Collected data
*****
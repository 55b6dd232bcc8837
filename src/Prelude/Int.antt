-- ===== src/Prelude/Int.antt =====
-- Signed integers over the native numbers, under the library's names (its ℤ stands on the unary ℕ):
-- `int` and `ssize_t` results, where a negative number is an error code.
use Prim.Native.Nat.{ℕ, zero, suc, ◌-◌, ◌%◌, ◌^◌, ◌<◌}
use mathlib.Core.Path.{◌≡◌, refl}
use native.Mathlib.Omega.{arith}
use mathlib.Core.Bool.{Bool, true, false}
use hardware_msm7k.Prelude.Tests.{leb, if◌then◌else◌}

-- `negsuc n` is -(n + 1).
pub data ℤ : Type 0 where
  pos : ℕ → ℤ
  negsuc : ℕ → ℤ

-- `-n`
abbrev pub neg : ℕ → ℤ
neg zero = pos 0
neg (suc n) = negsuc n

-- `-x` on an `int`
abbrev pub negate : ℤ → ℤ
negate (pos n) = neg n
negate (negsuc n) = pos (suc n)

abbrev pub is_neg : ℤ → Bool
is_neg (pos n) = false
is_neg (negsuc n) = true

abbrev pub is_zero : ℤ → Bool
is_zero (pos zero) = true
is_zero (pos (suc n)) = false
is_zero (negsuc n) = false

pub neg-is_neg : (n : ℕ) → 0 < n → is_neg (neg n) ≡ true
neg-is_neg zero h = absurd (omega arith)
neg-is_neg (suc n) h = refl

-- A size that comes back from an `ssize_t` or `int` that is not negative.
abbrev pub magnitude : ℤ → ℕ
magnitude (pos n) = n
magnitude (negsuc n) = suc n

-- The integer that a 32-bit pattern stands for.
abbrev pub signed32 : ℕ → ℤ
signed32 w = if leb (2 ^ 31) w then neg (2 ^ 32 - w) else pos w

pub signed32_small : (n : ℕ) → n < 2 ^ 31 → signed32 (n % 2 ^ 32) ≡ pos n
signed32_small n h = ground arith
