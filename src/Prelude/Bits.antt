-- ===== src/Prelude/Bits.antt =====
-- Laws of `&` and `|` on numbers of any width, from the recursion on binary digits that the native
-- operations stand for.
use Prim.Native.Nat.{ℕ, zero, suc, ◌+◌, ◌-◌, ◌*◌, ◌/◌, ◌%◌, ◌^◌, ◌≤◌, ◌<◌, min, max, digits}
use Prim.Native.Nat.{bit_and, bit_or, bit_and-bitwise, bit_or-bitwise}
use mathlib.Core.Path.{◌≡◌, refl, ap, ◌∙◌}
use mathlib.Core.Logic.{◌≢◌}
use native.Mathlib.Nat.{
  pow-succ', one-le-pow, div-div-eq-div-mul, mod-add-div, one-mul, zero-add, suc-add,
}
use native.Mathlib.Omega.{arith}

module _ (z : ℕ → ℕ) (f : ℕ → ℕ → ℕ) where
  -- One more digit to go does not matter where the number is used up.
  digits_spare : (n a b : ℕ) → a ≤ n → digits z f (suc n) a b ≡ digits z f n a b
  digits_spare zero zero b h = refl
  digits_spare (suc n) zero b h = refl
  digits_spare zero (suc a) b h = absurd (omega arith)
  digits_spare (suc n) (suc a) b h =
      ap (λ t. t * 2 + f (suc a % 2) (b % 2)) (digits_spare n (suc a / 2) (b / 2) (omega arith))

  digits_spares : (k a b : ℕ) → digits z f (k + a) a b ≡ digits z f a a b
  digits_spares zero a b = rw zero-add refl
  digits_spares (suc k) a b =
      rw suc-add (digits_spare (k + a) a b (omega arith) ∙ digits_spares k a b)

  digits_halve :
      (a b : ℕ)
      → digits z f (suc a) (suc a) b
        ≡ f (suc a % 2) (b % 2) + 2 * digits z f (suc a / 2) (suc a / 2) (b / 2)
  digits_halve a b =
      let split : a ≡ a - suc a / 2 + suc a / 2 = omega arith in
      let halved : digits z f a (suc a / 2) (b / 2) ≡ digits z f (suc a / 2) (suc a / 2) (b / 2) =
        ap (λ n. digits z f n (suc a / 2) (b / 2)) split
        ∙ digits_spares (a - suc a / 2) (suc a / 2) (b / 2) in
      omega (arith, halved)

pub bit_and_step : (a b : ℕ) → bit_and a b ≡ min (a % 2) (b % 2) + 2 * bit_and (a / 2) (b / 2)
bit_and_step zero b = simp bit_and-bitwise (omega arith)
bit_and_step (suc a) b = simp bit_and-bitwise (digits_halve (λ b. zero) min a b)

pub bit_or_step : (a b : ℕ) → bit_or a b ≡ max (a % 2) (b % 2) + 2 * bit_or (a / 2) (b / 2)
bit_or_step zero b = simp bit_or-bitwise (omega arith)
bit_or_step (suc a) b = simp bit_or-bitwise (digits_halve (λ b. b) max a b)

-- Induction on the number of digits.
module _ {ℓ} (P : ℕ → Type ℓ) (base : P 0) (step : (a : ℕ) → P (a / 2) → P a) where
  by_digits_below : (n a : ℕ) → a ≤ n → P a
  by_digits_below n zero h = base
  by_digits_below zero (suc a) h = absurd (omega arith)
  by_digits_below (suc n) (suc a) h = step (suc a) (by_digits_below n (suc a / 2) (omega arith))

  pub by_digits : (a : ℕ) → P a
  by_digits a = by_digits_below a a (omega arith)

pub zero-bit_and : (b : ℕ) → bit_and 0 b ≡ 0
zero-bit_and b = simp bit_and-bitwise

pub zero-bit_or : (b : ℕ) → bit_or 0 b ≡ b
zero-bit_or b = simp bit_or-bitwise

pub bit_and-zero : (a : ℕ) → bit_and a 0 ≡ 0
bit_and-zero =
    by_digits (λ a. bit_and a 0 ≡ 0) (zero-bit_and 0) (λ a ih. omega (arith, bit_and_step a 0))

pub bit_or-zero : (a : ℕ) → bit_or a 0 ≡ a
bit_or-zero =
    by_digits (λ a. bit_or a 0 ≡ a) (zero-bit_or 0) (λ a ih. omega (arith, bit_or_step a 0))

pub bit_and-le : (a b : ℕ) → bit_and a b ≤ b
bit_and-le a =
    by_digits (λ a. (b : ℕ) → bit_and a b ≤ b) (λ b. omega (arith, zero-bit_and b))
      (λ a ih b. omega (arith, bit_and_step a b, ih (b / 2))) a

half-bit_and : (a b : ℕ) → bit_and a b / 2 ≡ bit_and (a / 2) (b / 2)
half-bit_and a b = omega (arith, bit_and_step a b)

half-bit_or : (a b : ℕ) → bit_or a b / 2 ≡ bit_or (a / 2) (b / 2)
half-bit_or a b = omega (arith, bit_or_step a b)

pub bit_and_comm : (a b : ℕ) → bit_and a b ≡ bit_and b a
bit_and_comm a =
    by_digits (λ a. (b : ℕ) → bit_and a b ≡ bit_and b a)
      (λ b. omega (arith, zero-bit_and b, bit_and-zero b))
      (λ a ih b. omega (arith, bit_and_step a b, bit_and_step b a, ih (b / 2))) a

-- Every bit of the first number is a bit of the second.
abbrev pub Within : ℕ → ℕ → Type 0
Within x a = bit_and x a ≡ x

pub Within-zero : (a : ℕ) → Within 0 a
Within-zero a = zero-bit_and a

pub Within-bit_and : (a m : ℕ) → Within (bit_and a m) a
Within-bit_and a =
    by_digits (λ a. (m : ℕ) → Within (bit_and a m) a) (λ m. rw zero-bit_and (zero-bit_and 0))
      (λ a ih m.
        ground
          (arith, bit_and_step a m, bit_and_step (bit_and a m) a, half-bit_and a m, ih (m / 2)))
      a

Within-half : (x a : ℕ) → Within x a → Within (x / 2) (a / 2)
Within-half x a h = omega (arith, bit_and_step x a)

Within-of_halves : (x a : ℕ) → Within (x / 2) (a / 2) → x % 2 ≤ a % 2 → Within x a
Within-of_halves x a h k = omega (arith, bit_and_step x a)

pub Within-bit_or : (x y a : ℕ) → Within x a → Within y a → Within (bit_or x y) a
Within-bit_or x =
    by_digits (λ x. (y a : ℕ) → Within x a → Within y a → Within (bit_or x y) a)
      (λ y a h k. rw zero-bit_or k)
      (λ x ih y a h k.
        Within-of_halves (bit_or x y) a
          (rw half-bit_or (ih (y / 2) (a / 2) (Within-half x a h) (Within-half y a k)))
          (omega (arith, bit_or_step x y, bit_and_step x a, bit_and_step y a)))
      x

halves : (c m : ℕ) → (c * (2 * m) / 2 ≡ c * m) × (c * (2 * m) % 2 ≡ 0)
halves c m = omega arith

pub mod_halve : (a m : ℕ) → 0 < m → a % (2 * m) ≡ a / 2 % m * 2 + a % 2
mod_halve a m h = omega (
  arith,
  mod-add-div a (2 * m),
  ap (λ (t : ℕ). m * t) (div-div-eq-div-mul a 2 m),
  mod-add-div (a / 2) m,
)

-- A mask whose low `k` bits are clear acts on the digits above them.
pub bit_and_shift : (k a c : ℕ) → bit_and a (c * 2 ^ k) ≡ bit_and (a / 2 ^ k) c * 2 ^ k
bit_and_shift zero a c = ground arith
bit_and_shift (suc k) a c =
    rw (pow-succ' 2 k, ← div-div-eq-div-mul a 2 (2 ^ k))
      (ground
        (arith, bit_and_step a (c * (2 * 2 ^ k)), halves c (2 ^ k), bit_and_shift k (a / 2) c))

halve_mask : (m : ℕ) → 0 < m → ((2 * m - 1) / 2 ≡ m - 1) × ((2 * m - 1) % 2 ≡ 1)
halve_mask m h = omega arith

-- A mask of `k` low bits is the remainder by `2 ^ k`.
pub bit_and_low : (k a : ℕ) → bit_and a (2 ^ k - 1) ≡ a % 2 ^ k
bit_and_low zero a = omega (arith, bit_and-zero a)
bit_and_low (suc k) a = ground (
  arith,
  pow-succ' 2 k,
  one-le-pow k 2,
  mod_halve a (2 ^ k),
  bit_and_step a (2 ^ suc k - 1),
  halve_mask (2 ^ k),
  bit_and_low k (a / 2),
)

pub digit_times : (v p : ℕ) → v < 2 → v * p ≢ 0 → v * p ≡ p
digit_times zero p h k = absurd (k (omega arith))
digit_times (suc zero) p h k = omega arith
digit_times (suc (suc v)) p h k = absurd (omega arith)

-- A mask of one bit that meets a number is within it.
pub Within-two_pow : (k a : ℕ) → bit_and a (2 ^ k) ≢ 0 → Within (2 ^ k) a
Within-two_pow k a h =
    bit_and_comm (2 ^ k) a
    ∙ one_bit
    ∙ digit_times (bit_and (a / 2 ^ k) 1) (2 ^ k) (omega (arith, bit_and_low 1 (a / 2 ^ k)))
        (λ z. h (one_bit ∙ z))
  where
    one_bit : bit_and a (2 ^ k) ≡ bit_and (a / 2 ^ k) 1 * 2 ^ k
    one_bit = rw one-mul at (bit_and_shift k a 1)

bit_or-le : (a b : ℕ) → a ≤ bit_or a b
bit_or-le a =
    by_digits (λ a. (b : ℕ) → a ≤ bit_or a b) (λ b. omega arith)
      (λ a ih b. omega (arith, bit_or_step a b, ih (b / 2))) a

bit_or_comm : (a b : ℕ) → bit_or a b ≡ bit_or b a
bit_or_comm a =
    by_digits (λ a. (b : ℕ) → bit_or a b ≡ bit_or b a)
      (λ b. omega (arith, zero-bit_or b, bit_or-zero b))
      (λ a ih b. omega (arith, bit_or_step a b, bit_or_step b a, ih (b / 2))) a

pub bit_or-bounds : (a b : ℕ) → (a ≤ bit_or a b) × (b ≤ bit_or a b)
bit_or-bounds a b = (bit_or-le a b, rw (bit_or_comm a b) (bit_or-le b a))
*****
### [Assignment]
Every line in the data that holds the string "negsuc" should be returned.

### [Solution to the exercise]
-- `negsuc n` is -(n + 1).
  negsuc : ℕ → ℤ
neg (suc n) = negsuc n
negate (negsuc n) = pos (suc n)
is_neg (negsuc n) = true
is_zero (negsuc n) = false
magnitude (negsuc n) = suc n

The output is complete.